De mano he puesto un diodo en bornes de la bobina del relé y he calculado que la corriente que va a circular por el SCR no excede los límites para los que está diseñado .... pero .... como puedo hacer más fiable aún el circuito, como puedo garantizar la fiabilidad del tiristor para reducir la probabilidad de fallo con el tiempo?

Gracias por adelantado


----------



## camarohero (Feb 4, 2012)

JTorx dijo:


> Exacto, ahí no se desactiva, la cuestión es que en muchos coches para volver a dar al motor de arranque hay que llevar la llave a la posición 0 de contacto quitado.


mmm hace mucho tiempo que no veo uno de esos pero ciertamente es una ayuda ese aditamento


----------



## powerful (Feb 4, 2012)

El que puede fallar con el tiempo es el relé,... los scr soportan varios cientos de voltios entre A-K si le colocaste el diodo eso etenuará el sobreimpulso que se produce cuando pasas  la bobina del relé de ON a OFF,.....como conmutas el relé de On a OFF ,el scr solo te sirve para activar el relé.


----------



## JTorx (Feb 5, 2012)

powerful dijo:


> El que puede fallar con el tiempo es el relé,... los scr soportan varios cientos de voltios entre A-K si le colocaste el diodo eso etenuará el sobreimpulso que se produce cuando pasas  la bobina del relé de ON a OFF,.....como conmutas el relé de On a OFF ,el scr solo te sirve para activar el relé.



Pero no quedaría más estable el circuito si se le añade una resistencia en serie a la bobina del relé, en el lado del cátodo del scr ..... es que busco ante todo fiabilidad y estabilidad, pero no tengo muy claro que tengo que hacer para conseguirlo.
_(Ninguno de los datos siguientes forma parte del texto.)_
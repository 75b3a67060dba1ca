-- ===== src/Network/Protocol.antt =====
-- internal/network/protocol.go: what the handler of a stream makes of the bytes that a peer sends, in
-- one piece. Opening, closing and writing streams is libp2p's.
pub mod Order
use decentralized_poker_engi.Common.{
  ℕ, zero, suc, ◌+◌, ◌-◌, Bool, true, false, Option, none, some, List, [], ◌∷◌, ◌++◌, length, take,
  drop, ltb, ◌==◌, if◌then◌else◌,
}
use decentralized_poker_engi.Crypto.Bytes.{set_bytes}
use decentralized_poker_engi.Network.Gamelog.{Envelope}
use decentralized_poker_engi.Network.Codec.{Libraries, max_message_size, decode_envelope}

module _ (lib : Libraries) where
  -- One frame, without a signature check; one that is not decoded is passed over.
  unfoldable pub handled : List ℕ → List Envelope
  handled frame = elim (decode_envelope lib none frame) [ none ↦ [] | some env ↦ env ∷ [] ]

  -- The envelopes that are handed on, with as much fuel as rounds are allowed.
  unfoldable pub read_stream : ℕ → List ℕ → List Envelope
  read_stream zero bytes = []
  read_stream (suc fuel) bytes =
      let msg_len = set_bytes (take 4 bytes) in
      let rest = read_stream fuel (drop (4 + msg_len) bytes) in
      if ltb (length bytes) 4
      then []
      else if msg_len == 0
      then []
      else if ltb max_message_size msg_len
      then []
      else if ltb (length bytes - 4) msg_len
      then []
      else handled (take (4 + msg_len) bytes) ++ rest

  -- A round takes four bytes at least, so there are no more rounds than bytes.
  unfoldable pub read_all : List ℕ → List Envelope
  read_all bytes = read_stream (length bytes) bytes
La teoría me dice que podría ser así, pero en la práctica es la duda.

Gracias nuevamente por aportar vuestros conocimientos.


----------



## camarohero (Feb 6, 2012)

yo he visto que el circuito que hemos publicado anteriormente funciona por mas de 10 años sin jamas cambiar el relay, solo instalalo con uno bueno.

la primera vez que vi ese cortacorriente fue hace 11 años, instalado en una camioneta que vendi hace 2 meses y aun servia, y yo compre la camioneta con el cortacorriente ya puesto.... te digo porque una vez lo desarme para verlo


----------



## JTorx (Feb 7, 2012)

Este es el diseño que hice yo en el año 98 y que aún hoy sigue funcionando .....
La principal diferencia con este último, que utiliza el SCR, es que yo utilicé un operacional en configuración de comparador y el relé iba integrado en placa, activado este por un transistor.
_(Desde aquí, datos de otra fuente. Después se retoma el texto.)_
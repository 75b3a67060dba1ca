-- ===== src/Network/Protocol/Order.antt =====
-- The envelopes of a stream arrive, each once and in their order.
use decentralized_poker_engi.Common.{
  ℕ, zero, suc, ◌+◌, ◌≤◌, ◌≡◌, ◌≢◌, refl, sym, ap, subst, ◌∙◌, arith, none, some, List, [], ◌∷◌,
  ◌++◌, length, length-append, take, drop, take-append, drop-append,
}
use mathlib.Core.List.{append-nil, append_assoc}
use decentralized_poker_engi.Crypto.Bytes.{set_bytes}
use decentralized_poker_engi.Network.Gamelog.{Envelope, big_endian}
use decentralized_poker_engi.Network.Codec.{
  Libraries, max_message_size, signed, is_admitted, decode_envelope,
}
use decentralized_poker_engi.Network.Codec.Frames.{
  AreLibraries, set_bytes-big_endian, take_four, length-four, decode_envelope-frame_of,
}
use decentralized_poker_engi.Network.Protocol.{handled, read_stream, read_all}

length_zero : (xs : List ℕ) → length xs ≡ 0 → xs ≡ []
length_zero [] h = refl
length_zero (x ∷ xs) h = absurd (omega arith)

module _ (lib : Libraries) where
  -- The sender's frames, one after the other, and the envelopes in them.
  abbrev pub AreSent : List Envelope → ℕ → List ℕ → Type 0
  AreSent [] key bytes = bytes ≡ []
  AreSent (env ∷ envs) key bytes =
      (b : List ℕ) × (rest : List ℕ) × (lib.marshal (signed lib env key) ≡ some b)
      × (b ≢ [])
      × (length b ≤ max_message_size)
      × (bytes ≡ (big_endian 4 (length b) ++ b) ++ rest)
      × AreSent envs key rest

  -- One frame at the head of the stream.
  read_stream-frame :
      (fuel : ℕ) (env : Envelope) (b rest : List ℕ)
      → b ≢ []
      → lib.unmarshal b ≡ some env
      → length b ≤ max_message_size
      → read_stream lib (suc fuel) ((big_endian 4 (length b) ++ b) ++ rest)
        ≡ env ∷ read_stream lib fuel rest
  unfolding read_stream handled is_admitted
  read_stream-frame fuel env b rest some_bytes reads fits =
      let bytes = (big_endian 4 (length b) ++ b) ++ rest in
      let regroup : bytes ≡ big_endian 4 (length b) ++ (b ++ rest) =
        append_assoc (big_endian 4 (length b)) b rest in
      let size : set_bytes (take 4 bytes) ≡ length b =
        ap (λ (t : List ℕ). set_bytes (take 4 t)) regroup
        ∙ ap set_bytes (take_four (length b) (b ++ rest))
        ∙ set_bytes-big_endian (length b) (omega arith) in
      let count : length bytes ≡ 4 + length b + length rest =
        ap length regroup
        ∙ omega (arith, length-four (length b) (b ++ rest), length-append b rest) in
      let whole : length (big_endian 4 (length b) ++ b) ≡ 4 + length b = length-four (length b) b in
      let front : take (4 + length b) bytes ≡ big_endian 4 (length b) ++ b =
        ap (λ (n : ℕ). take n bytes) (sym whole)
        ∙ take-append (big_endian 4 (length b) ++ b) rest in
      let back : drop (4 + length b) bytes ≡ rest =
        ap (λ (n : ℕ). drop n bytes) (sym whole)
        ∙ drop-append (big_endian 4 (length b) ++ b) rest in
      let decoded : decode_envelope lib none (big_endian 4 (length b) ++ b) ≡ some env =
        subst (λ (t : List ℕ). decode_envelope lib none (big_endian 4 (length b) ++ t) ≡ some env)
          (append-nil b) (decode_envelope-frame_of lib env b [] none reads fits refl) in
      let not_empty : length b ≢ 0 = λ h. some_bytes (length_zero b h) in
      ground (arith, size, count, front, back, decoded, not_empty)

  read_stream_short : (fuel : ℕ) → read_stream lib fuel [] ≡ []
  unfolding read_stream
  read_stream_short zero = refl
  read_stream_short (suc fuel) = refl

  -- The envelopes with the sender's signature.
  abbrev pub all_signed : List Envelope → ℕ → List Envelope
  all_signed [] key = []
  all_signed (env ∷ envs) key = signed lib env key ∷ all_signed envs key

  read_stream-sent :
      (public : ℕ → ℕ) (laws : AreLibraries lib public) (fuel : ℕ) (envs : List Envelope) (key : ℕ)
      (bytes : List ℕ)
      → length bytes ≤ fuel
      → AreSent envs key bytes
      → read_stream lib fuel bytes ≡ all_signed envs key
  read_stream-sent public laws fuel [] key bytes h sent =
      ap (read_stream lib fuel) sent ∙ read_stream_short fuel
  read_stream-sent public laws zero (env ∷ envs) key bytes h
        (b, rest, e, some_bytes, fits, is, sent) =
      absurd (
        omega (
          arith,
          ap length is,
          length-append (big_endian 4 (length b) ++ b) rest,
          length-four (length b) b,
        ))
  read_stream-sent public laws (suc fuel) (env ∷ envs) key bytes h
        (b, rest, e, some_bytes, fits, is, sent) =
      let shorter : length rest ≤ fuel = omega (
        arith,
        ap length is,
        length-append (big_endian 4 (length b) ++ b) rest,
        length-four (length b) b,
      ) in
      ap (read_stream lib (suc fuel)) is
      ∙ read_stream-frame fuel (signed lib env key) b rest some_bytes
          (laws.reads (signed lib env key) b e) fits
      ∙ ap (λ t. signed lib env key ∷ t)
          (read_stream-sent public laws fuel envs key rest shorter sent)

  -- The frames of any number of envelopes, one after the other on a stream, are all handed on, in
  -- their order and with their signatures. No envelope is marshalled to no bytes.
  pub read_all-sent :
      (public : ℕ → ℕ) (laws : AreLibraries lib public) (envs : List Envelope) (key : ℕ)
      (bytes : List ℕ)
      → AreSent envs key bytes
      → read_all lib bytes ≡ all_signed envs key
  unfolding read_all
  read_all-sent public laws envs key bytes sent =
      read_stream-sent public laws (length bytes) envs key bytes (omega arith) sent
El problema respecto al que utiliza el SCR es que es más voluminoso y al llevar integrado el relé se me hace menos práctico. Eso sí, la fiabilidad y la estabilidad del circuito está garantizada.

En el montaje con el SCR, tengo dudas que al estar permanentemente la puerta activa por la asociación RC, a la larga falle.


----------



## camarohero (Feb 7, 2012)

JTorx dijo:


> En el montaje con el SCR, tengo dudas que al estar permanentemente la puerta activa por la asociación RC, a la larga falle.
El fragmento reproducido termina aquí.